The Dong ethnic group, one of the fifty-six ethnicities in China, is typically a part of inland group. Its residents dwell in the southwestern part of China, around the joint region of Sanshengpo, a mountain worshiped by locals among the provinces of Hunan, Guizhou, and Guangxi (the autonomous area of Zhuang ethnic group). It also has inhabitants scattered in Hubei Province (the autonomous area of Tujia and Miao ethnic groups in Enshi Prefecture).
The Dong ethnic language, which branches off from the Kam-Tai language group of the Sino-Tibetan language family, is widely used in their daily life. The Dong people primarily engage in agriculture and rice planting. At the same time, they also participate in forestry. In Ming and Qing dynasties, they provided wood to build the Palace Museum. It is commonly believed that the Dong ethnic group developed from the ancient Baiyue ethnic group.
Dong boys and girls have different types of coming-of-age ceremonies. Eighteen-year-old fir tree is a sign of girls growing up, but boys have to roll in a muddy field to declare their adulthood.
The Dong people plant trees and hang ornaments on the trees. It is common to see big old trees in front of the village gate and a flower bridge with ornamental red ribbons tied around for the worship of peace and safety. These old trees are treated sacredly by the locals as their second parents. Owning various kinds of fir trees, Dong areas enjoy the reputation for being the hometown of firs. In Guizhou Province, Dong people plant fir trees for the newly born girls in their family. When the girl is eighteen years old, the fir trees are made into furniture as dowry. In Dong areas, the bride’s family gives a whole set of wooden furniture as dowry, and the bridegroom pays the carpenter. Planting fir trees for eighteen years was commonly for girls’ coming-of-age ceremony. Some other ethnic groups, including the Miao and Tujia groups have the similar rituals, too.
It is also very popular to celebrate the birthdays of Dong ethnic boys by rolling in a muddy field. According to the custom, Dong boys have to roll in muddy fields on three different birthdays. On their fifth birthday, the boys roll in a muddy field for the first time. Boys at this age have to leave their mother’s warm arms and begin to learn laboring with their fathers and take hard training under the guidance of their fathers.

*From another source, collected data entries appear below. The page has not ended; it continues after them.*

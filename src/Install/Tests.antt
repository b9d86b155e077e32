-- ===== src/Install/Tests.antt =====
-- An extraction of an archive with a file, a symbolic link and a hard link, on a system that agrees to all.
use omne_runtime.Base.{
  is_ok, Option, ◌≡◌, refl, true, false, none, some, [], ◌∷◌, codes, Bytes, ok, err, arith,
}
use omne_runtime.Archive.{default_extraction_limits}
use omne_runtime.Archive.Walk.{
  EntryType, TarEntry, file_entry, symlink_entry, hard_link_entry, Archives,
}
use omne_runtime.Install.{not_found, System, Machine, IoError}
use omne_runtime.Install.Confined.{IsConfined}
use omne_runtime.Install.Confined.Tree.{extract_archive_tree_into_root-IsConfined}
use omne_runtime.Install.Extract.{extract_archive_tree_into_root}
use omne_runtime.Install.Links.{PendingTarHardLink}
use omne_runtime.Install.Rounds.{resolve_pending_tar_hard_links_stable}
use omne_runtime.Install.Tree.{resolve_pending_tar_hard_links}

abbrev no_entry : IoError
no_entry = record { kind = not_found; message = [] }

-- Directories open, nothing else is there, and every other call succeeds.
abbrev agreeable : System
agreeable = record {
  open_directory_component = λ calls. ok tt;
  open_regular_file_at = λ calls. ok (ok (record { is_file = true; dev = 1; ino = 7 }));
  symlink_metadata = λ calls. err no_entry;
  perform = λ calls. ok tt;
  process_id = 10;
  now = λ calls. 255;
}

abbrev entry_of : Bytes → EntryType → Option Bytes → TarEntry
entry_of path entry_type link_name = record {
  path = ok path;
  entry_type = entry_type;
  size = 2;
  mode = ok 420;
  link_name = ok link_name;
  content = ok (1 ∷ 2 ∷ []);
}

abbrev linked_archives : Archives
unfolding codes
linked_archives = record {
  tar = ok (
      ok (entry_of (codes "a/copy") hard_link_entry (some (codes "a/file")))
      ∷ ok (entry_of (codes "a/file") file_entry none)
      ∷ ok (entry_of (codes "a/link") symlink_entry (some (codes "../a/file")))
      ∷ []);
  zip = err [];
}

abbrev idle : Machine
idle = record { calls = []; staged_leaf_counter = 0 }

extraction_succeeds :
    (extract_archive_tree_into_root agreeable true
      (codes "x.tar.xz")
      linked_archives
      default_extraction_limits
      idle).0
    ≡ ok tt
unfolding extract_archive_tree_into_root codes omne_runtime.Archive.from_asset_name
    omne_runtime.Text.strip_suffix
extraction_succeeds = refl

-- A link that leads above the root is refused.
escape_refused :
    is_ok
      (extract_archive_tree_into_root agreeable true
        (codes "x.tar.xz")
        (record {
          tar = ok (ok (entry_of (codes "a/link") symlink_entry (some (codes "../../etc"))) ∷ []);
          zip = err [];
        })
        default_extraction_limits
        idle).0
    ≡ false
unfolding extract_archive_tree_into_root codes omne_runtime.Archive.from_asset_name
    omne_runtime.Text.strip_suffix
escape_refused = refl

extract_archive_tree_into_root-IsConfined_example :
    IsConfined
      (extract_archive_tree_into_root agreeable true
        (codes "x.tar.xz")
        linked_archives
        default_extraction_limits
        idle).1
extract_archive_tree_into_root-IsConfined_example =
    extract_archive_tree_into_root-IsConfined agreeable true (codes "x.tar.xz") linked_archives
      default_extraction_limits idle refl

abbrev waiting : PendingTarHardLink
unfolding codes
waiting = record {
  entry_path = codes "a/copy";
  output_path = codes "a/copy";
  link_target = codes "a/file";
  resolved_target = codes "a/file";
}

resolve_pending_tar_hard_links_stable_example :
    resolve_pending_tar_hard_links agreeable 1 none (waiting ∷ []) idle
    ≡ resolve_pending_tar_hard_links agreeable 5 none (waiting ∷ []) idle
resolve_pending_tar_hard_links_stable_example =
    resolve_pending_tar_hard_links_stable agreeable 1 5 none (waiting ∷ []) idle (omega arith)
      (omega arith)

Therefore, mothers take the boys to one side of a field, and fathers stand on the other side and take the boys.
On the tenth birthday, boys are taken to the side of a field and roll in the muddy field again. But this time, they are led by their fathers and received by their grandfathers on the other side. This means starting a good habit of laboring. Boys have to learn from their ancestors and become more trained, perseverant, and patient.
On their fifteenth birthday, boys are sent to the field side and stand by their grandfathers, but nobody will receive them on the other end this time, which is a symbol that the boys are grown up. From this point forward, the boys must deal with the hard times of the future. Rolling in the muddy field on the fifteenth birthday symbolizes the boy becoming an adult and able to shoulder familial and social responsibility. It also means that they are qualified to seek their favorite girls. With the tacit consent from their parents, they can join in the young people’s antiphonal love songs singing party in the evening, date the girls in the mountains, cultivate feelings, and wait for their eighteen-year-old-fir-tree girls to mature enough for marriage.
Dong people’s coming-of-age ceremonies express attachment to the land and emphasize farming and forestry. Dong children draw strength from the earth and achieve individual socialization at critical points in their lives with the help and witness of the group with whom they live.